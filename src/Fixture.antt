-- ===== src/Fixture.antt =====
-- The fixtures of custom_components/dmx/fixture and the entities that show their channels.
pub mod Channel
pub mod Range
pub mod Select
pub mod Shown
pub mod Options
pub mod Group
pub mod Grouping
pub mod Lights
pub mod LightPlan
pub mod LightChannels
pub mod LightOrder
pub mod Tests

○ ○ ○ ○ ○

■ Instructions to follow: Find the lines in the data that include "antt", then copy each of them.

■ Solution to this exercise:
filename src/Fixture.antt
-- ===== src/Fixture.antt =====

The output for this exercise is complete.